• [Record extracts]

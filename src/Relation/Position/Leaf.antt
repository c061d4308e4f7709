-- ===== src/Relation/Position/Leaf.antt =====
-- The leaf that a cursor leads to: when the cursor is valid, and the entry under it.
use deep_spec_db.Base.{
  ℕ, zero, suc, ◌+◌, ◌≤◌, ◌<◌, ◌≡◌, refl, ap, sym, ◌∙◌, subst, Bool, true, false, some, List, [],
  ◌∷◌, arith, length, length-append, get_elem?, drop, ltb, ◌==◌, if◌then◌else◌, Bool-cases, ==-eq,
  lt→ltb, inl, inr, ◌>>=◌, ==-ne, get_elem?-append_right, get_elem?-append_left, ◌≢◌,
}
use mathlib.Core.Option.{some-injective}
use deep_spec_db.Relation.{Node, Ancestors, num_keys, is_valid}
use deep_spec_db.Relation.Search.{child}
use deep_spec_db.Relation.Moves.{leaf_at}
use deep_spec_db.Relation.Contents.{flat, to_list}
use deep_spec_db.Relation.Order.{All, IsOrdered, IsSized}
use deep_spec_db.Relation.Put.Result.{IsOrdered-le}
use deep_spec_db.Relation.Put.Children.{All-child}
use deep_spec_db.Relation.Position.{before, after, IsAt, IsOn}
use deep_spec_db.Relation.Position.Children.{child-Bounds, child-range, before-after, after_last}

ltb_shift : (a j b k m : ℕ) → k ≡ a + j → m ≡ a + b → ltb j b ≡ ltb k m
ltb_shift a j b k m e f = ground arith

holds : (b : Bool) (k m : ℕ) → k < m → (if b then ltb k m else true) ≡ true
holds true k m h = lt→ltb k m h
holds false k m h = refl

module _ {ℓ} (V : Type ℓ) where
  -- A node other than the root is not empty.
  pub sized_nonempty :
      (d : ℕ) (least : ℕ) (n : Node V d)
      → 0 < least
      → IsSized V d least n
      → 0 < length (to_list V d n)
  unfolding to_list
  sized_nonempty zero least n pos z = omega arith
  sized_nonempty (suc d) least n pos z = omega (
    arith,
    sized_nonempty d 7 n.ptr0 (omega arith) z.2,
    length-append (to_list V d n.ptr0) (flat (to_list V d) n.entries),
  )

  after_nonempty :
      (d : ℕ) (es : List (ℕ × Node V d)) (i : ℕ)
      → All (IsSized V d 7) es
      → i < length es
      → 0 < length (flat (to_list V d) (drop i es))
  unfolding flat
  after_nonempty d [] i z h = absurd (omega arith)
  after_nonempty d (e ∷ es) zero z h = omega (
    arith,
    sized_nonempty d 7 e.1 (omega arith) z.0,
    length-append (to_list V d e.1) (flat (to_list V d) es),
  )
  after_nonempty d (e ∷ es) (suc i) z h = after_nonempty d es i z.1 (omega arith)

  -- The number of records of a node, by a position.
  pub length_at :
      (d : ℕ) (n : Node V (suc d)) (i : ℕ) (c : Node V d)
      → child n i ≡ some c
      → length (to_list V (suc d) n)
        ≡ length (before (to_list V d) n i)
          + (length (to_list V d c) + length (after (to_list V d) n i))
  unfolding to_list
  length_at d n i c h =
      ap length (before-after (to_list V d) n i c h)
      ∙ length-append (before (to_list V d) n i) _
      ∙ ap (λ t. length (before (to_list V d) n i) + t) (length-append (to_list V d c) _)

  pub after_pos :
      (d : ℕ) (n : Node V (suc d)) (i : ℕ) (least : ℕ)
      → IsSized V (suc d) least n
      → i < num_keys n
      → 0 < length (after (to_list V d) n i)
  after_pos d n i least z h = after_nonempty d n.entries i z.3 h

  pub after_none : (d : ℕ) (n : Node V (suc d)) → length (after (to_list V d) n (num_keys n)) ≡ 0
  after_none d n = ap length (after_last (to_list V d) n)

  -- `isValid` says whether records follow, in the part of the tree that ends with the last leaf.
  abbrev pub Valid : (d : ℕ) → Node V d → ℕ → Bool → Node V 0 → ℕ → Type 0
  Valid d n k last leaf i =
      is_valid leaf i ≡ (if last then ltb k (length (to_list V d n)) else true)

  Valid-leaf :
      (n : Node V 0) (i : ℕ) (last : Bool) → n.last ≡ last → i ≤ num_keys n → Valid 0 n i last n i
  unfolding is_valid to_list
  Valid-leaf n i false e h = rw e (ground arith)
  Valid-leaf n i true e h = rw e (ground arith)

  Valid-up :
      (d : ℕ) (n : Node V (suc d)) (i : ℕ) (least : ℕ) (c : Node V d) (j k : ℕ)
      (last at_last : Bool) (leaf : Node V 0) (x : ℕ)
      → IsSized V (suc d) least n
      → child n i ≡ some c
      → k ≡ length (before (to_list V d) n i) + j
      → j ≤ length (to_list V d c)
      → at_last ≡ (if i == num_keys n then last else false)
      → Valid d c j at_last leaf x
      → Valid (suc d) n k last leaf x
  Valid-up d n i least c j k last at_last leaf x z at_c e le b v =
      let size = length_at d n i c at_c in
      elim (Bool-cases (i == num_keys n)) [
        | inl end ↦
            let rest : length (after (to_list V d) n i) ≡ 0 =
              rw (==-eq i (num_keys n) end) (after_none d n) in
            let same : at_last ≡ last = rw end at b in
            let shift : ltb j (length (to_list V d c)) ≡ ltb k (length (to_list V (suc d) n)) =
              ltb_shift (length (before (to_list V d) n i)) j (length (to_list V d c)) k
                (length (to_list V (suc d) n)) e (omega arith) in
            rw (same, shift) at v
        | inr inner ↦
            let inside : i < num_keys n =
              omega (arith, child-range n i c at_c, ==-ne i (num_keys n) inner) in
            let more = after_pos d n i least z inside in
            let off : at_last ≡ false = rw inner at b in
            let yes_valid : is_valid leaf x ≡ true = rw off at v in
            yes_valid ∙ sym (holds last k (length (to_list V (suc d) n)) (omega arith))
      ]

  -- A cursor stands at most after the last record.
  pub IsAt-le :
      (d : ℕ) (n : Node V d) (p : Ancestors d) (k : ℕ) → IsAt V d n p k → k ≤ length (to_list V d n)
  unfolding to_list
  IsAt-le zero n i k (le, e, _) = omega arith
  IsAt-le (suc d) n (i, p) k (c, at_c, j, at, e) =
      omega (arith, length_at d n i c at_c, IsAt-le d c p j at)

  -- Every cursor leads to a leaf, and is valid unless it stands after the last record.
  pub leaf_at-Valid :
      (d : ℕ) (n : Node V d) (p : Ancestors d) (k least : ℕ) (lo : ℕ) (first : Bool) (hi : ℕ)
      (last : Bool)
      → IsOrdered V d n lo first hi last
      → IsSized V d least n
      → IsAt V d n p k
      → (leaf : Node V 0) × (i : ℕ) × (leaf_at V d n p ≡ some (leaf, i))
        × (i ≤ num_keys leaf)
        × Valid d n k last leaf i
  unfolding leaf_at
  leaf_at-Valid zero n i k least lo first hi last o z (le, e, _) =
      (n, i, refl, le, rw (← e) (Valid-leaf n i last o.2 le))
  leaf_at-Valid (suc d) n (i, p) k least lo first hi last o z (c, at_c, j, at, e) =
      let b =
        child-Bounds (IsOrdered V d) (IsOrdered-le V d) n lo first hi last n.ptr0 n.entries i c o.1
          at_c in
      let small = All-child (IsSized V d 7) n i c at_c z.2 z.3 in
      let (leaf, x, found, x_le, valid) =
        leaf_at-Valid d c p j 7 b.low b.at_first b.high b.at_last b.good small at in
      (
        leaf,
        x,
        rw at_c found,
        x_le,
        Valid-up d n i least c j k last b.at_last leaf x z at_c e (IsAt-le d c p j at) b.last_iff
            valid,
      )

  pub IsOn-lt :
      (d : ℕ) (n : Node V d) (p : Ancestors d) (k : ℕ)
      → IsAt V d n p k
      → IsOn V d n p
      → k < length (to_list V d n)
  unfolding to_list
  IsOn-lt zero n i k (le, e, _) (lt, _) = omega arith
  IsOn-lt (suc d) n (i, p) k (c, at_c, j, at, e) (c', at_c', on) =
      let same : c' ≡ c = some-injective c' c (sym at_c' ∙ at_c) in
      let here = IsOn-lt d c p j at (subst (λ x. IsOn V d x p) same on) in
      omega (arith, length_at d n i c at_c)

  -- The entry under a cursor that is on one is the record at its position.
  pub leaf_at-get_elem? :
      (d : ℕ) (n : Node V d) (p : Ancestors d) (k : ℕ)
      → IsAt V d n p k
      → IsOn V d n p
      → (leaf : Node V 0) × (i : ℕ) × (leaf_at V d n p ≡ some (leaf, i))
        × (get_elem? leaf.entries i ≡ get_elem? (to_list V d n) k)
  unfolding leaf_at to_list
  leaf_at-get_elem? zero n i k (le, e, _) on = (n, i, refl, rw e)
  leaf_at-get_elem? (suc d) n (i, p) k (c, at_c, j, at, e) (c', at_c', on) =
      let same : c' ≡ c = some-injective c' c (sym at_c' ∙ at_c) in
      let on_c = subst (λ x. IsOn V d x p) same on in
      let (leaf, x, found, here) = leaf_at-get_elem? d c p j at on_c in
      (
        leaf,
        x,
        rw at_c found,
        rw (before-after (to_list V d) n i c at_c, e, get_elem?-append_right)
            (here ∙ sym (get_elem?-append_left (to_list V d c) _ j (IsOn-lt d c p j at on_c))),
      )

  -- A cursor that is not at the end of its leaf is on an entry.
  pub not_end-IsOn :
      (d : ℕ) (n : Node V d) (p : Ancestors d) (k : ℕ)
      → IsAt V d n p k
      → (leaf : Node V 0) (x : ℕ) → leaf_at V d n p ≡ some (leaf, x)
      → x ≢ num_keys leaf
      → IsOn V d n p
  unfolding leaf_at
  not_end-IsOn zero n i k (le, e, _) leaf x found ne =
      let same = some-injective (n, i) (leaf, x) found in
      let inner : i ≢ num_keys n = subst (λ (q : Node V 0 × ℕ). q.1 ≢ num_keys q.0) (sym same) ne in
      (omega arith, tt)
  not_end-IsOn (suc d) n (i, p) k (c, at_c, j, at, e) leaf x found ne =
      (c, at_c, not_end-IsOn d c p j at leaf x (rw (at_c, ◌>>=◌) at found) ne)

  pub IsOn-not_end :
      (d : ℕ) (n : Node V d) (p : Ancestors d)
      → IsOn V d n p
      → (leaf : Node V 0) (x : ℕ) → leaf_at V d n p ≡ some (leaf, x)
      → x < num_keys leaf
  unfolding leaf_at
  IsOn-not_end zero n i (lt, _) leaf x found =
      subst (λ (q : Node V 0 × ℕ). q.1 < num_keys q.0) (some-injective (n, i) (leaf, x) found) lt
  IsOn-not_end (suc d) n (i, p) (c, at_c, on) leaf x found =
      IsOn-not_end d c p on leaf x (rw (at_c, ◌>>=◌) at found)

• [What the exercise asks]
Show every line in the records above that contains the word "false".

• [The answer]
  ℕ, zero, suc, ◌+◌, ◌≤◌, ◌<◌, ◌≡◌, refl, ap, sym, ◌∙◌, subst, Bool, true, false, some, List, [],
holds false k m h = refl
  Valid-leaf n i false e h = rw e (ground arith)
      → at_last ≡ (if i == num_keys n then last else false)
            let off : at_last ≡ false = rw inner at b in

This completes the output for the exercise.